Quel que soit le secteur d’activité considéré, privé comme publique, la gestion des « relations » est devenue un enjeu incontournable, une compétence valorisée dans l’exercice même de sa profession (médicale, sociale ou éducative, par exemple). Parallèlement à ce mouvement, la demande et l’offre de métiers relationnels ne cessent de prendre de l’importance (coaching, psychothérapie, par exemple) dans un contexte historique où l’exhibition de l’intime dans les médias se généralise. Ce sont les différentes dimensions de ce phénomène social où la composante psychologique ou émotionnelle est centrale que tente de tenir ensemble Lise Démailly dans cet ouvrage très stimulant qui ouvre par conséquent sur une problématique sociologique plus générale sur la valorisation du relationnel dans l’espace social tout en se démarquant des facilités ou des généralités d’usage sur la psychologisation-dépolitisation de la société, catégorie plus polémique et hyperbolique que véritablement analytique. L’auteur propose d’ailleurs de cette littérature confuse une très utile clarification pour distinguer tous les problèmes auxquels répond pêle-mêle cette notion, mais au lieu de la répudier [2] elle s’attache à en montrer son envers positif comme la subjectivation des individus, la résistance au pouvoir et le contrepied à la bureaucratisation (pp. 44-56).

L’ouvrage se fonde sur des enquêtes empiriques sur le champ éducatif et de la santé mentale qui ont été menées sur une durée de 20 ans dans une perspective de sociologie des professions et du travail dont Lise Démailly mobilise méthodiquement la littérature et les clés de lecture. La composition générale du texte est progressive, analytique et systématique.

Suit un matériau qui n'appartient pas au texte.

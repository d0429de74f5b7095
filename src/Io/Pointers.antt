-- ===== src/Io/Pointers.antt =====
-- The PRP entries of a command.
use u_gds.Prelude.{
  ℕ, zero, suc, ◌+◌, ◌-◌, ◌≤◌, ◌<◌, ◌≡◌, ◌≢◌, refl, ◌∙◌, ap, sym, true, false, some, List, arith,
  ltb, ◌==◌, if◌then◌else◌, ℤ, get_elem?, get_elem?-in, length,
}
use native.Mathlib.Decide.{ℕ_discrete}
use u_gds.Io.Types.{Progress, go}
use u_gds.Io.Transfer.{fill_prp, ioaddr_at, data_pointers}
use u_gds.Io.Ends
use u_gds.Io.Ends.{Ends, goes, stops}

-- Page i of the n pages that a pair of PRP entries stands for: the first entry, and then the
-- second one or the PRP page's.
abbrev pub page_addr : (n prp1 prp2 : ℕ) → (prp : ℕ → ℕ) → ℕ → ℕ
page_addr n prp1 prp2 prp zero = prp1
page_addr n prp1 prp2 prp (suc i) = if n == 2 then prp2 else prp i

-- nothing but the PRP page has changed
abbrev pub SameQueue : Progress → Progress → Type 0
SameQueue s s' = (s'.sq ≡ s.sq) × (s'.sent ≡ s.sent)

ioaddr_at-some :
    (xs : List ℕ) (i v : ℕ) (s : Progress) → get_elem? xs i ≡ some v → ioaddr_at xs i s ≡ go v s
unfolding ioaddr_at
ioaddr_at-some xs i v s e = rw (e, ioaddr_at) refl

module _ (capacity : ℕ) (ioaddrs : List ℕ) (page : ℕ) where
  abbrev pub Filled : (k i : ℕ) → Progress → Progress → Type 0
  Filled k i s s' =
      SameQueue s s'
      × ((j : ℕ) → j + 1 < i → s'.prp j ≡ s.prp j)
      × ((j : ℕ) → i ≤ j + 1 → j + 1 < i + k → get_elem? ioaddrs (page + (j + 1)) ≡ some (s'.prp j))

  -- A value written at entry i - 1, and then the others.
  Filled-suc :
      (k i v : ℕ) (s s' : Progress)
      → 0 < i
      → get_elem? ioaddrs (page + i) ≡ some v
      → Filled k (i + 1) (record s { prp = λ j. if j + 1 == i then v else s.prp j }) s'
      → Filled (suc k) i s s'
  Filled-suc k i v s s' p e f = (
    f.0,
    λ j h. f.1 j (omega arith) ∙ ground arith,
    λ j a b. elim (ℕ_discrete (j + 1) i) [
      | yes q ↦ rw q (e ∙ ap some (sym (f.1 j (omega arith) ∙ ground arith)))
      | no q ↦ f.2 j (omega arith) (omega arith)
    ],
  )

  fill_prp-Ends :
      {Q : ℤ → Progress → Type 0} (k i : ℕ) (s : Progress)
      → 0 < i
      → i + k ≤ capacity + 1
      → page + i + k ≤ length ioaddrs
      → Ends (λ _ s'. Filled k i s s') Q (fill_prp capacity ioaddrs page k i s)
  unfolding fill_prp
  fill_prp-Ends zero i s p c h = goes ((refl, refl), λ j _. refl, λ j a b. absurd (omega arith))
  fill_prp-Ends (suc k) i s p c h =
      let (v, e) = get_elem?-in ioaddrs (page + i) (omega arith) in
      let inside : ltb capacity i ≡ false = ground arith in
      rw (inside, e)
        (Ends.mono
          (fill_prp-Ends k (i + 1) (record s { prp = λ j. if j + 1 == i then v else s.prp j })
            (omega arith) (omega arith) (omega arith))
          (λ _ s' f. Filled-suc k i v s s' p e f) (λ r s' q. q))

-- The PRP entries of a command stand for its pages, in their order.
abbrev pub Pointed : List ℕ → (page n prp_ioaddr : ℕ) → ℕ × ℕ → Progress → Type 0
Pointed ioaddrs page n prp_ioaddr (prp1, prp2) s =
    ((i : ℕ) → i < n → get_elem? ioaddrs (page + i) ≡ some (page_addr n prp1 prp2 s.prp i))
    × ((n ≡ 1 → prp2 ≡ 0) × (2 < n → prp2 ≡ prp_ioaddr))

pages_by :
    (ioaddrs : List ℕ) (page n prp1 prp2 : ℕ) (prp : ℕ → ℕ)
    → get_elem? ioaddrs page ≡ some prp1
    → ((i : ℕ)
        → suc i < n
        → get_elem? ioaddrs (page + (i + 1)) ≡ some (if n == 2 then prp2 else prp i))
    → (i : ℕ) → i < n
    → get_elem? ioaddrs (page + i) ≡ some (page_addr n prp1 prp2 prp i)
pages_by ioaddrs page n prp1 prp2 prp first others zero h =
    ap (get_elem? ioaddrs) (omega arith) ∙ first
pages_by ioaddrs page n prp1 prp2 prp first others (suc i) h =
    ap (get_elem? ioaddrs) (omega arith) ∙ others i h

eq_test : {a b : ℕ} → a ≡ b → (a == b) ≡ true
eq_test q = ground arith

ne_test : {a b : ℕ} → a ≢ b → (a == b) ≡ false
ne_test q = ground arith

module _ (capacity prp_ioaddr : ℕ) (ioaddrs : List ℕ) (page n : ℕ) (s : Progress)
    (fits : n ≤ capacity + 1) (there : page + n ≤ length ioaddrs) where
  abbrev pub Good : ℕ × ℕ → Progress → Type 0
  Good ps s' = SameQueue s s' × Pointed ioaddrs page n prp_ioaddr ps s'

  module _ (v : ℕ) (first : get_elem? ioaddrs page ≡ some v) where
    one_page : n ≡ 1 → Good (v, 0) s
    one_page one = (
      (refl, refl),
      (
        pages_by ioaddrs page n v 0 s.prp first (λ i q. absurd (omega arith)),
        (λ _. refl, λ q. absurd (omega arith)),
      ),
    )

    two_pages : (w : ℕ) → n ≡ 2 → get_elem? ioaddrs (page + 1) ≡ some w → Good (v, w) s
    two_pages w two second = (
      (refl, refl),
      (
        pages_by ioaddrs page n v w s.prp first
            (λ i q. ap (get_elem? ioaddrs) (omega arith) ∙ second ∙ ground arith),
        (λ q. absurd (omega arith), λ q. absurd (omega arith)),
      ),
    )

    many_pages :
        (s' : Progress)
        → 2 < n
        → Filled capacity ioaddrs page (n - 1) 1 s s'
        → Good (v, prp_ioaddr) s'
    many_pages s' many f = (
      f.0,
      (
        pages_by ioaddrs page n v prp_ioaddr s'.prp first
            (λ i q. f.2 i (omega arith) (omega arith) ∙ ground arith),
        (λ q. absurd (omega arith), λ q. refl),
      ),
    )

  -- For 1 to capacity + 1 pages that the buffer has, the PRP entries are built and stand for them.
  pub data_pointers-Ends :
      {Q : ℤ → Progress → Type 0}
      → 0 < n
      → Ends Good Q (data_pointers capacity prp_ioaddr ioaddrs page n s)
  unfolding data_pointers
  data_pointers-Ends p =
      let (v, e) = get_elem?-in ioaddrs page (omega arith) in
      rw (ioaddr_at-some ioaddrs page v s e) (elim (ℕ_discrete n 1) [
        | yes one ↦ rw (eq_test one) (goes (one_page v e one))
        | no more ↦ rw (ne_test more) (elim (ℕ_discrete n 2) [
          | yes two ↦
              let (w, f) = get_elem?-in ioaddrs (page + 1) (omega arith) in
              rw (eq_test two, ioaddr_at-some ioaddrs (page + 1) w s f)
                (goes (two_pages v e w two f))
          | no many ↦ rw (ne_test many) (
              Ends.bind
                (fill_prp-Ends capacity ioaddrs page (n - 1) 1 s (omega arith) (omega arith)
                  (omega arith))
                (λ _ s' f. goes (many_pages v e s' (omega arith) f)))
        ])
      ])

La première partie délimite les « métiers de la relation » en interrogeant d’abord leur place et spécificité du point de vue socioéconomique (accroissement du nombre d’emploi), politique (question de la psychologisation), technologique (formalisation du travail de relation au travers de « technologie du social ») et axiologique (image morale qui active la passion ou la vocation pour le relationnel). Le deuxième chapitre insiste ensuite sur trois dimensions analytiques (pluralisme des modes de professionnalisation, dimension économique et éthico-politique de la professionnalité, problème de la comparaison et généralisation des données) à prendre en considération dans l’étude des métiers de la relation. Le troisième chapitre analyse plus spéciquement le contenu du travail relationnel, le travail émotionnel (gestion des impressions et des informations, typologie des registres d’action, rapport à autrui) et son cadre symbolique d’exercice (qui ouvre sur une discussion sur le phénomène de la désinstitutionnalisation et ses limites, pp. 130-135). Enfin, le cinquième chapitre porte sur la reconnaissance du savoir professionnel relationnel et, là encore, plaide pour une analyse multidimensionnelle de la professionalité pour dégager ce qui serait spécifique aux métiers de la relation.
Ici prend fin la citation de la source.